Return exactly the span of lines in the following data that opens with the line containing "filename src/Qris/Payload.antt" and closes with the line containing "is_blank (x ∷ xs) = false". Include nothing else.

EXERCISE INPUT -
- Opening Delimiter -

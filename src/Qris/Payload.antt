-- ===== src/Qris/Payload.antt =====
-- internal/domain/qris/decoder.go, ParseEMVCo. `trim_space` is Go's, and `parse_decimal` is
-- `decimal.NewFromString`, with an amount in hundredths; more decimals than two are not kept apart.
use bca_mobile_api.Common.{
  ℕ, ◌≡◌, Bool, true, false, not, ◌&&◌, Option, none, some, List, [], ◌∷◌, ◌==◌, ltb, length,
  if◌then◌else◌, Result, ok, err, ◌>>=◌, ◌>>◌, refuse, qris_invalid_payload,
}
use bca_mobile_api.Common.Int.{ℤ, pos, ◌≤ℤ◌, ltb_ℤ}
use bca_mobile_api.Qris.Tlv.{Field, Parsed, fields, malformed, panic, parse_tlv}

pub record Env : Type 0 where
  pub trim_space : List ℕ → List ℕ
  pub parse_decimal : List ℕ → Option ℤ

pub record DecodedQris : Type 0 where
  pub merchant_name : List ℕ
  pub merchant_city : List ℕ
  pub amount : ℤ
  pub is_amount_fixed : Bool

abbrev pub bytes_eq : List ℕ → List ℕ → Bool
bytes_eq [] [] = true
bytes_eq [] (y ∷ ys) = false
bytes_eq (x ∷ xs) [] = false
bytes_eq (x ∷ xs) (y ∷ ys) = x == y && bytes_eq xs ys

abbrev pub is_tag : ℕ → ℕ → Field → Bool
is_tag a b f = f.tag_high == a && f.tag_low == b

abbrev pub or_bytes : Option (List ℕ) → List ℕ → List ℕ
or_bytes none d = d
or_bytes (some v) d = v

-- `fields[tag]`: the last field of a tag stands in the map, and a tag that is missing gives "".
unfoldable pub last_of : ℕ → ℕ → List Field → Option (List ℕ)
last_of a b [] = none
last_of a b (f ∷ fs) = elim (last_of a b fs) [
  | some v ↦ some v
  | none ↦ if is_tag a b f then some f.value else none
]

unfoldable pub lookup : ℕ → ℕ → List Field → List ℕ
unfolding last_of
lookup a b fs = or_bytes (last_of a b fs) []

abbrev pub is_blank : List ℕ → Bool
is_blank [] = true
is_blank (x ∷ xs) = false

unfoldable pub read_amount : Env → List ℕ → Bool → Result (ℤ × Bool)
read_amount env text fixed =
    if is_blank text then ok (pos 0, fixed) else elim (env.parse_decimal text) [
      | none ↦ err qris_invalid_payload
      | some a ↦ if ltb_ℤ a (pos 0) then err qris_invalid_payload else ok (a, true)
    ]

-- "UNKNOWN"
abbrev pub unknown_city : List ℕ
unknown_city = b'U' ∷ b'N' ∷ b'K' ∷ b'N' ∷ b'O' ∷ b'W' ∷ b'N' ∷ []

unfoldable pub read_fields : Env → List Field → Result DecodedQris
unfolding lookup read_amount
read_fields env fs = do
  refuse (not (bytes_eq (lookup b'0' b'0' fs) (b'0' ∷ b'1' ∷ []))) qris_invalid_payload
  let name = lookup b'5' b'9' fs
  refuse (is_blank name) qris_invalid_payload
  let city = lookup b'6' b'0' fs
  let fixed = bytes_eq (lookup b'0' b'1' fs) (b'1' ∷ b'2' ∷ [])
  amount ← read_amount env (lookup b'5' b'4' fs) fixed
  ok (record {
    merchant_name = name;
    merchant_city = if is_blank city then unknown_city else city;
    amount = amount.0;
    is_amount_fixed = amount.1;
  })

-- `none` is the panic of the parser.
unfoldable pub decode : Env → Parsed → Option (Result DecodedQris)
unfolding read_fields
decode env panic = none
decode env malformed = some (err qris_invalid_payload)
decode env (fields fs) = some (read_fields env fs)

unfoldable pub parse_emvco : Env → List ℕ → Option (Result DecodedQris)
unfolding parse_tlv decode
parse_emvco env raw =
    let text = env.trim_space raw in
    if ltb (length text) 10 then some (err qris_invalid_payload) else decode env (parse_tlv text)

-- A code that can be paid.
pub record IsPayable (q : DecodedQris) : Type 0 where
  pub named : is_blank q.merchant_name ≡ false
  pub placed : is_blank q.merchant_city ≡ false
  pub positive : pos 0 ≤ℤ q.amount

- Closing Delimiter -
- Opening Delimiter -

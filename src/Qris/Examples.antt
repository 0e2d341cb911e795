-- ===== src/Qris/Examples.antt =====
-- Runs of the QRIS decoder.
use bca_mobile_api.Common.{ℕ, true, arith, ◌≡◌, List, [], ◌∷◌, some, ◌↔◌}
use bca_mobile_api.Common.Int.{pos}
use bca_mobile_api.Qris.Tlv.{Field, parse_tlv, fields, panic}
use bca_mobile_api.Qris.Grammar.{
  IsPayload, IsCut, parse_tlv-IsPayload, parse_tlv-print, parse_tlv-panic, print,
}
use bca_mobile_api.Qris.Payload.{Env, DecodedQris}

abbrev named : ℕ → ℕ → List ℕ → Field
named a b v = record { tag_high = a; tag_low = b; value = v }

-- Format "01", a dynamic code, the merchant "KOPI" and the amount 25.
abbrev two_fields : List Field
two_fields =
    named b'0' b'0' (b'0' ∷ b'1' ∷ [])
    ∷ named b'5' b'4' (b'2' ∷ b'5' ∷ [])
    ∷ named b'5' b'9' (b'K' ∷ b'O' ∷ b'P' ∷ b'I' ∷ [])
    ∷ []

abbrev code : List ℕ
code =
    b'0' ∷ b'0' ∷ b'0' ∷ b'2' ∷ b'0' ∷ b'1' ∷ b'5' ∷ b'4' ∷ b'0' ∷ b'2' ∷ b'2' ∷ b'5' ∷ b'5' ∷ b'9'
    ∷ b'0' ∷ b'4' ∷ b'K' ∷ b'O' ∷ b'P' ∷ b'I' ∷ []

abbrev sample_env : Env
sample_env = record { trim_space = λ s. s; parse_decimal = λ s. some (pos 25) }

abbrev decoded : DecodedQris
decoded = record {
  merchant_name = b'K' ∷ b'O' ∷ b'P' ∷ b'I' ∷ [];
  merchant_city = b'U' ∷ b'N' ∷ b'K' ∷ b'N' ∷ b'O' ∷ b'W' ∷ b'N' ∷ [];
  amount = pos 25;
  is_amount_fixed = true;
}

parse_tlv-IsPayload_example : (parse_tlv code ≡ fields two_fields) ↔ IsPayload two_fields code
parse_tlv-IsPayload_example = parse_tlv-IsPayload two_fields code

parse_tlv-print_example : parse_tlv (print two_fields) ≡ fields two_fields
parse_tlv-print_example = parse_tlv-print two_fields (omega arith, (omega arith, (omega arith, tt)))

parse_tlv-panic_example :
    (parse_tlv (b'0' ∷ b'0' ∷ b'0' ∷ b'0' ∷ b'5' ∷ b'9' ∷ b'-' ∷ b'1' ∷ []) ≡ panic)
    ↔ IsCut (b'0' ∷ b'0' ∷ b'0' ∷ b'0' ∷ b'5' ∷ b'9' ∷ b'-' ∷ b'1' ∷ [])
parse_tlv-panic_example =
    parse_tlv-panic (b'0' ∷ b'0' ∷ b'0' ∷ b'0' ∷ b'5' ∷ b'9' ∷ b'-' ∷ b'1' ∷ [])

- Closing Delimiter -
- Opening Delimiter -

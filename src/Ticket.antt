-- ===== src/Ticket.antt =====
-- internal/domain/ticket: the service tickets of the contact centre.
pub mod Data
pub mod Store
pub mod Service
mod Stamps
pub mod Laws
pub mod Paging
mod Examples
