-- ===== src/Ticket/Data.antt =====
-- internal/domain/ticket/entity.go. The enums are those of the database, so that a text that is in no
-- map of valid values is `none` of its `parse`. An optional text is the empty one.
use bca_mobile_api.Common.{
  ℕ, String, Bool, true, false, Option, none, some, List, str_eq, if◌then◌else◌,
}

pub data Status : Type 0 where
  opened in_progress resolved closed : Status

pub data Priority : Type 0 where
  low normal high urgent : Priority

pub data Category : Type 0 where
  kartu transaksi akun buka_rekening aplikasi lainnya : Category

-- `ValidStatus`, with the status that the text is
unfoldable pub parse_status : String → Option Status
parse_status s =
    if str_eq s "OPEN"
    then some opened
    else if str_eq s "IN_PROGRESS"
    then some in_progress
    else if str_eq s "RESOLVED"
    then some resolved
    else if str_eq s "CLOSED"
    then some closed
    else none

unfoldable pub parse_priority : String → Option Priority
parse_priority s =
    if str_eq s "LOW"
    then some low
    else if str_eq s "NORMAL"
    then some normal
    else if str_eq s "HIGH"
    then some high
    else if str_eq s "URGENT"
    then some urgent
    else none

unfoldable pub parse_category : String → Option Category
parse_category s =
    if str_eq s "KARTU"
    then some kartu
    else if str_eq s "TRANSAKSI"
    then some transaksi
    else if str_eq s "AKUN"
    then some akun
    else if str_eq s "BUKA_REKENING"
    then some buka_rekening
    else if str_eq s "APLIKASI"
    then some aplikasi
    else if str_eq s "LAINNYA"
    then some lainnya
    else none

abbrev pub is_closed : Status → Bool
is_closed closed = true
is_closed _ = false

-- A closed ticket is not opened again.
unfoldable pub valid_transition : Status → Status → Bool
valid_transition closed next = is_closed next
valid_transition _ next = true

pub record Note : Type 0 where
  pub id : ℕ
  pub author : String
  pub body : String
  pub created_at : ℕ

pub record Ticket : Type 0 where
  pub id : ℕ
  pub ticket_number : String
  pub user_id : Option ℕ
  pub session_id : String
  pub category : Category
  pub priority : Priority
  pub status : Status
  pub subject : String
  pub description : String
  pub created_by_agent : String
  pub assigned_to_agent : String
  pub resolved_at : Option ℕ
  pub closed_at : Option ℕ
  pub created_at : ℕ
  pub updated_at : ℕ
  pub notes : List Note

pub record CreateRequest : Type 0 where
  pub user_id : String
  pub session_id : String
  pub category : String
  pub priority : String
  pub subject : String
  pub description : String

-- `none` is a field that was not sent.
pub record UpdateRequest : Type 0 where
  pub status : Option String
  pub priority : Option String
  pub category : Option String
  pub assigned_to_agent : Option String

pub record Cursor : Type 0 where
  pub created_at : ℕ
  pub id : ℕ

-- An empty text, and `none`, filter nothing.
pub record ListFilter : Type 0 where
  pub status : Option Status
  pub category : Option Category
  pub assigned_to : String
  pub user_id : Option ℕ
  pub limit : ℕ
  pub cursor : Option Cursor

- Closing Delimiter -

RESULT OF THIS EXERCISE -
filename src/Qris/Payload.antt
-- ===== src/Qris/Payload.antt =====
-- internal/domain/qris/decoder.go, ParseEMVCo. `trim_space` is Go's, and `parse_decimal` is
-- `decimal.NewFromString`, with an amount in hundredths; more decimals than two are not kept apart.
use bca_mobile_api.Common.{
  ℕ, ◌≡◌, Bool, true, false, not, ◌&&◌, Option, none, some, List, [], ◌∷◌, ◌==◌, ltb, length,
  if◌then◌else◌, Result, ok, err, ◌>>=◌, ◌>>◌, refuse, qris_invalid_payload,
}
use bca_mobile_api.Common.Int.{ℤ, pos, ◌≤ℤ◌, ltb_ℤ}
use bca_mobile_api.Qris.Tlv.{Field, Parsed, fields, malformed, panic, parse_tlv}

pub record Env : Type 0 where
  pub trim_space : List ℕ → List ℕ
  pub parse_decimal : List ℕ → Option ℤ

pub record DecodedQris : Type 0 where
  pub merchant_name : List ℕ
  pub merchant_city : List ℕ
  pub amount : ℤ
  pub is_amount_fixed : Bool

abbrev pub bytes_eq : List ℕ → List ℕ → Bool
bytes_eq [] [] = true
bytes_eq [] (y ∷ ys) = false
bytes_eq (x ∷ xs) [] = false
bytes_eq (x ∷ xs) (y ∷ ys) = x == y && bytes_eq xs ys

abbrev pub is_tag : ℕ → ℕ → Field → Bool
is_tag a b f = f.tag_high == a && f.tag_low == b

abbrev pub or_bytes : Option (List ℕ) → List ℕ → List ℕ
or_bytes none d = d
or_bytes (some v) d = v

-- `fields[tag]`: the last field of a tag stands in the map, and a tag that is missing gives "".
unfoldable pub last_of : ℕ → ℕ → List Field → Option (List ℕ)
last_of a b [] = none
last_of a b (f ∷ fs) = elim (last_of a b fs) [
  | some v ↦ some v
  | none ↦ if is_tag a b f then some f.value else none
]

unfoldable pub lookup : ℕ → ℕ → List Field → List ℕ
unfolding last_of
lookup a b fs = or_bytes (last_of a b fs) []

abbrev pub is_blank : List ℕ → Bool
is_blank [] = true
is_blank (x ∷ xs) = false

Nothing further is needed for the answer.